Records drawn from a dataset
%%

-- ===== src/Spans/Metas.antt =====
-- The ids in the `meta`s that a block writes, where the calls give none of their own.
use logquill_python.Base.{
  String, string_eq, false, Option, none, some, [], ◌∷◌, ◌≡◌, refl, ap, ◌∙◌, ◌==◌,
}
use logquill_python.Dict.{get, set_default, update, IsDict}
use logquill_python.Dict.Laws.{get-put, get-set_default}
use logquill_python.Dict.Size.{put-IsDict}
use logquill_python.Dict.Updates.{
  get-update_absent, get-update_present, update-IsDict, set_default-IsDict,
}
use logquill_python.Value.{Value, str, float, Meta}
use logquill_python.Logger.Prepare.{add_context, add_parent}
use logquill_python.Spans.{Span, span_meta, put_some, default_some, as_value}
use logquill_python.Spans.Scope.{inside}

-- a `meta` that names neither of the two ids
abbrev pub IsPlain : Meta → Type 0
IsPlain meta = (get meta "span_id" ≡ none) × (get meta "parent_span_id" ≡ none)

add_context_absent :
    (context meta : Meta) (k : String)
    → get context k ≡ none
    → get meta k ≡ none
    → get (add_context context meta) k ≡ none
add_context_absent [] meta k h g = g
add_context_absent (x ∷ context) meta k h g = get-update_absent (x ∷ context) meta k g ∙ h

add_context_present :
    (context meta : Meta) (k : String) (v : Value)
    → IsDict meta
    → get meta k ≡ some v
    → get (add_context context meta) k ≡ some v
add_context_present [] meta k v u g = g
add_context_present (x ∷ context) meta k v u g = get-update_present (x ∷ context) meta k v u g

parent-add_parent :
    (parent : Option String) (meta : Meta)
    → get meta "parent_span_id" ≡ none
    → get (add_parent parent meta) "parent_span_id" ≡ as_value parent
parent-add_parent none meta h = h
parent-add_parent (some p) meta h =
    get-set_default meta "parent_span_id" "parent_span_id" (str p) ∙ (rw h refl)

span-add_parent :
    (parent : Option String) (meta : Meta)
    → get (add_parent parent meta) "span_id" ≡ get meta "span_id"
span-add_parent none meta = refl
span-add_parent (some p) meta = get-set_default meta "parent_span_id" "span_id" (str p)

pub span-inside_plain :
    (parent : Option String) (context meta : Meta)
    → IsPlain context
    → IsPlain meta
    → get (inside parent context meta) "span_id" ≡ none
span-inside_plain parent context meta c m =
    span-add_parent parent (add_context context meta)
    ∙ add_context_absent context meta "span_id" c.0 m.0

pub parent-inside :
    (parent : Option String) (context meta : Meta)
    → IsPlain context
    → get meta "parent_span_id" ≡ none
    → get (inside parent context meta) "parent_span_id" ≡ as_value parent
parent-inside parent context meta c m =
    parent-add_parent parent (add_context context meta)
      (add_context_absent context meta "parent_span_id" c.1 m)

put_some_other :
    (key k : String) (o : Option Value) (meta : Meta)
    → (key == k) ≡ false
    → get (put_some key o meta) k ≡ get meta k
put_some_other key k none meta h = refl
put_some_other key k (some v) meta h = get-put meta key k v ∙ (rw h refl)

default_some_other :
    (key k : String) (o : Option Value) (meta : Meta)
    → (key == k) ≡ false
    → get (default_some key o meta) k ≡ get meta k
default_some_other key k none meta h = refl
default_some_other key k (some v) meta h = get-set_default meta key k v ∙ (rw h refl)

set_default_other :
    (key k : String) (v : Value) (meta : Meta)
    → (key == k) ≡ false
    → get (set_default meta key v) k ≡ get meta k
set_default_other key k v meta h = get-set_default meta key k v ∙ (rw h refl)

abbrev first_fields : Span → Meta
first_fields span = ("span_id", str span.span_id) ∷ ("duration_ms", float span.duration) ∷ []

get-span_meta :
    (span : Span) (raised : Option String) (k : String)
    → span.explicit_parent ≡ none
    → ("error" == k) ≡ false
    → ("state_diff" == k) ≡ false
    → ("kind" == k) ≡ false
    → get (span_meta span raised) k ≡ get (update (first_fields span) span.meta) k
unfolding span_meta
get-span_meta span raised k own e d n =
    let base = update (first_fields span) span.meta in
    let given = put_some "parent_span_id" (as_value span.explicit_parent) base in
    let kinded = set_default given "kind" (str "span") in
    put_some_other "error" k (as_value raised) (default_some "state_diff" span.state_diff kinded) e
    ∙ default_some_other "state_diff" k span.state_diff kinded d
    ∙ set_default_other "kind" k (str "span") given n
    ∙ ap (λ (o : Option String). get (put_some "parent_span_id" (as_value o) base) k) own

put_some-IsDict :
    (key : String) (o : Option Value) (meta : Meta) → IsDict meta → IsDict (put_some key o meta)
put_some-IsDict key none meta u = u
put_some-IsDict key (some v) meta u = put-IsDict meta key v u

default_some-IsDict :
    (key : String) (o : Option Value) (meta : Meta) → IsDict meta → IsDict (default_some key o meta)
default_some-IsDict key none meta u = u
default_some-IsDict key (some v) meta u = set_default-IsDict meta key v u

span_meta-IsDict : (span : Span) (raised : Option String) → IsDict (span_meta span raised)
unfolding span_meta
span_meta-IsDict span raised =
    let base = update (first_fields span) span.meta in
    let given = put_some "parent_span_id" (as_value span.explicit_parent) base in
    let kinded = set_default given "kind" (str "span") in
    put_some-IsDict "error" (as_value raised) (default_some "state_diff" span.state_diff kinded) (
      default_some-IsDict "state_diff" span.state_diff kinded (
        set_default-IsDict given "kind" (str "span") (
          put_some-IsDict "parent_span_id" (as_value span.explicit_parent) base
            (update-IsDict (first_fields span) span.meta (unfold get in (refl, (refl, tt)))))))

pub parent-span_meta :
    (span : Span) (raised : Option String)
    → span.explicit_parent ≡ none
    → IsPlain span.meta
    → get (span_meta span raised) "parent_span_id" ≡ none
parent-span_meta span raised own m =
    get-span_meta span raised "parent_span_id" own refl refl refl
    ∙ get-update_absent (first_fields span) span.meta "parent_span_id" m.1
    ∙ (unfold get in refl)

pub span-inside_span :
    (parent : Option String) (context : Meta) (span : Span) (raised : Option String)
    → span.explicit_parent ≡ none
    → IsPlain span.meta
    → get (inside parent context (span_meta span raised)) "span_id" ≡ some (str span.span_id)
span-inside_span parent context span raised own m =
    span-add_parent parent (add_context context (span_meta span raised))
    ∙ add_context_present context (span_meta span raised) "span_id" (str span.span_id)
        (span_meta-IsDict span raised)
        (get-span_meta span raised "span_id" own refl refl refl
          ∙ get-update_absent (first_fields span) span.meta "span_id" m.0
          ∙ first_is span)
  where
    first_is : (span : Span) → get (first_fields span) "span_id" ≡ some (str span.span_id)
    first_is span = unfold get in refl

%%
%%

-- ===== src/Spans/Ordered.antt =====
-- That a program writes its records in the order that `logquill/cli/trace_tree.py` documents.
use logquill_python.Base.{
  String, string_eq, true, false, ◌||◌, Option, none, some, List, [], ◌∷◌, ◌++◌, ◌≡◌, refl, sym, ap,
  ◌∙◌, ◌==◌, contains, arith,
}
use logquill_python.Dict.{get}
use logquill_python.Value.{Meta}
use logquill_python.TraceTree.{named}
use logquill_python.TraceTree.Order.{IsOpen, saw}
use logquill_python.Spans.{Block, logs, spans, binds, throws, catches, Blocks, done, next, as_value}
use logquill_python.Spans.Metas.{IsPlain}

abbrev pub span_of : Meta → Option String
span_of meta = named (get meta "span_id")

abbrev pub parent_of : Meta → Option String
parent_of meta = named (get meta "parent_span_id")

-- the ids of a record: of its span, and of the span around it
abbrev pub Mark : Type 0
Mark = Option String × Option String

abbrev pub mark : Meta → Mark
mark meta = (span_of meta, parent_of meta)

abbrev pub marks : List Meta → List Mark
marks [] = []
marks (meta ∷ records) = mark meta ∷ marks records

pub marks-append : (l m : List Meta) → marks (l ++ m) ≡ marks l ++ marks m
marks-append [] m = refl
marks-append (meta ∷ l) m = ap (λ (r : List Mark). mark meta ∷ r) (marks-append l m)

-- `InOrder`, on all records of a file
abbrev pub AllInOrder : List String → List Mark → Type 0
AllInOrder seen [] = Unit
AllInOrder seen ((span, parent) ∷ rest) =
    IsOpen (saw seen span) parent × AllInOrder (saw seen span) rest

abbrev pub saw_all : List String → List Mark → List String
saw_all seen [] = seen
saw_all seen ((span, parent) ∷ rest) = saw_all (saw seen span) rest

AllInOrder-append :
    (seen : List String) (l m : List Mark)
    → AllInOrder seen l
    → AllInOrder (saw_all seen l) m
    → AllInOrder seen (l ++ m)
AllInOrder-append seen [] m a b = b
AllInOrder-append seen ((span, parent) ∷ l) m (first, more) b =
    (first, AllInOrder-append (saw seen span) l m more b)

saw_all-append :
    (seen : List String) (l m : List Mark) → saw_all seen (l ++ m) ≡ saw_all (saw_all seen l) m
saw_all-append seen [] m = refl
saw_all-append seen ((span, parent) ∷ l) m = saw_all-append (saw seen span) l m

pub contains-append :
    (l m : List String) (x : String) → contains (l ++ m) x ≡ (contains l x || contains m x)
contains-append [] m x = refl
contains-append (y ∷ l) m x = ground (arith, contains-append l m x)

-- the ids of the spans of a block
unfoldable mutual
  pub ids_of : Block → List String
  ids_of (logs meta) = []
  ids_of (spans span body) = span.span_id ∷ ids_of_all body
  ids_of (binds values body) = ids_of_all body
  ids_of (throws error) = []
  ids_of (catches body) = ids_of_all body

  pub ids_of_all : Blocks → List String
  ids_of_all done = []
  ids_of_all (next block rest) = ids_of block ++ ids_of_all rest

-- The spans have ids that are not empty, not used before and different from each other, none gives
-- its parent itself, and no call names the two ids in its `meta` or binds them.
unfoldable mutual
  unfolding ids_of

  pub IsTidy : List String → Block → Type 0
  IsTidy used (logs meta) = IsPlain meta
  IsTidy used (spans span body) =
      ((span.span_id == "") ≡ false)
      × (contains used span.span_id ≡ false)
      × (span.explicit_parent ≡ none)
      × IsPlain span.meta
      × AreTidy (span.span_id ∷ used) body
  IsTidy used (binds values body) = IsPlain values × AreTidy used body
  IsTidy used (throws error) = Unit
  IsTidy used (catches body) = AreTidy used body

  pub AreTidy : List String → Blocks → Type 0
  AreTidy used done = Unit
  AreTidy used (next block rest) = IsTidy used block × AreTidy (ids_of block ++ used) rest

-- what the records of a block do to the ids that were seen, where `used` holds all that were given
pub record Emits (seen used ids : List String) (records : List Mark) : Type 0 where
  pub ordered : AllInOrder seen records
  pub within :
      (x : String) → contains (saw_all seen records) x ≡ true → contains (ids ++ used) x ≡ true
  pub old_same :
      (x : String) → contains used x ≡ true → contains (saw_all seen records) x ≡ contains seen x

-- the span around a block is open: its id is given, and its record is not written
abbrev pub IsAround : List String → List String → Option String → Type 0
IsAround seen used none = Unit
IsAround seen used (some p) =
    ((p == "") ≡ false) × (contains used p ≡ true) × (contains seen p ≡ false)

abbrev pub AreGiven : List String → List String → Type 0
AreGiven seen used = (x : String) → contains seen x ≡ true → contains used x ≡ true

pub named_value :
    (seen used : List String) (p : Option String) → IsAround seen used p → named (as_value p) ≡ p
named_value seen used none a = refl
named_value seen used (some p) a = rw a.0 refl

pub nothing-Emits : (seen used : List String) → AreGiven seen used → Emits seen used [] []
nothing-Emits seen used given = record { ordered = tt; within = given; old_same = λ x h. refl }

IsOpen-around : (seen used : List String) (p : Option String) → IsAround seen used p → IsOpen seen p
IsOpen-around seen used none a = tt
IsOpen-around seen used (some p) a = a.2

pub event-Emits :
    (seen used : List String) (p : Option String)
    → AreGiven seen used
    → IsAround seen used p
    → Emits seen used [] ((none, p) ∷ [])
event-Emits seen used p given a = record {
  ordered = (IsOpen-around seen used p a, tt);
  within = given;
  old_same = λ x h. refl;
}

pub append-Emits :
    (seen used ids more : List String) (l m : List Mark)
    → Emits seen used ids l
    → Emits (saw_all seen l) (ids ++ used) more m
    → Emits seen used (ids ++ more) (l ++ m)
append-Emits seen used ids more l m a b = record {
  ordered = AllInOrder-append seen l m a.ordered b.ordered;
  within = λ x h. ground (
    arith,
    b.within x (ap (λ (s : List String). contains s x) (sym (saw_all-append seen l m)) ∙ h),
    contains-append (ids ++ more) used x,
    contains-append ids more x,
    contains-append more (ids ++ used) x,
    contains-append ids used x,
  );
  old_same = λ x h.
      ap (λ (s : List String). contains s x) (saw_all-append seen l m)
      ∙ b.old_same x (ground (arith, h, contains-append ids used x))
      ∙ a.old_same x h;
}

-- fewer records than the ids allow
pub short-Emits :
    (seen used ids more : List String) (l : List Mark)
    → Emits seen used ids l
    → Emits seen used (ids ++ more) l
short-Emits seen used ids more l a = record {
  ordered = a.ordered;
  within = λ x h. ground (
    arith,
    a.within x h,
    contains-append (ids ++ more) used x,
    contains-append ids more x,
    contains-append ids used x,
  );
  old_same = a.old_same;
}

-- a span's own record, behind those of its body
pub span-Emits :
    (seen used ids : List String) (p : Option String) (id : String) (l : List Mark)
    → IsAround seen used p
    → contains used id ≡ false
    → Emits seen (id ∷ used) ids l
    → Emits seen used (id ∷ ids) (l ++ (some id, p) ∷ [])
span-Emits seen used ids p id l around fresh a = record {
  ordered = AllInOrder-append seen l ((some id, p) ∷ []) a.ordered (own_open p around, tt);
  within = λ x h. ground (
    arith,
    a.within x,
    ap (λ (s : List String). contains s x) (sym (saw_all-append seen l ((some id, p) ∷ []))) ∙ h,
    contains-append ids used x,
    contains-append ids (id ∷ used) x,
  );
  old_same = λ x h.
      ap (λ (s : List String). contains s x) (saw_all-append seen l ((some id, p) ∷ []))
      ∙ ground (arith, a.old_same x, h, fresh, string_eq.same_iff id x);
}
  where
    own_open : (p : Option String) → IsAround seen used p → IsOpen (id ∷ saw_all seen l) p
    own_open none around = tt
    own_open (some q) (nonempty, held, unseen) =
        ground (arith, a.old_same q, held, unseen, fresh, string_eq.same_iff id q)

%%

__Task instructions__: The expected answer is a copy of each line above containing "true".

__Answer below__:
  String, string_eq, true, false, ◌||◌, Option, none, some, List, [], ◌∷◌, ◌++◌, ◌≡◌, refl, sym, ap,
      (x : String) → contains (saw_all seen records) x ≡ true → contains (ids ++ used) x ≡ true
      (x : String) → contains used x ≡ true → contains (saw_all seen records) x ≡ contains seen x
    ((p == "") ≡ false) × (contains used p ≡ true) × (contains seen p ≡ false)
AreGiven seen used = (x : String) → contains seen x ≡ true → contains used x ≡ true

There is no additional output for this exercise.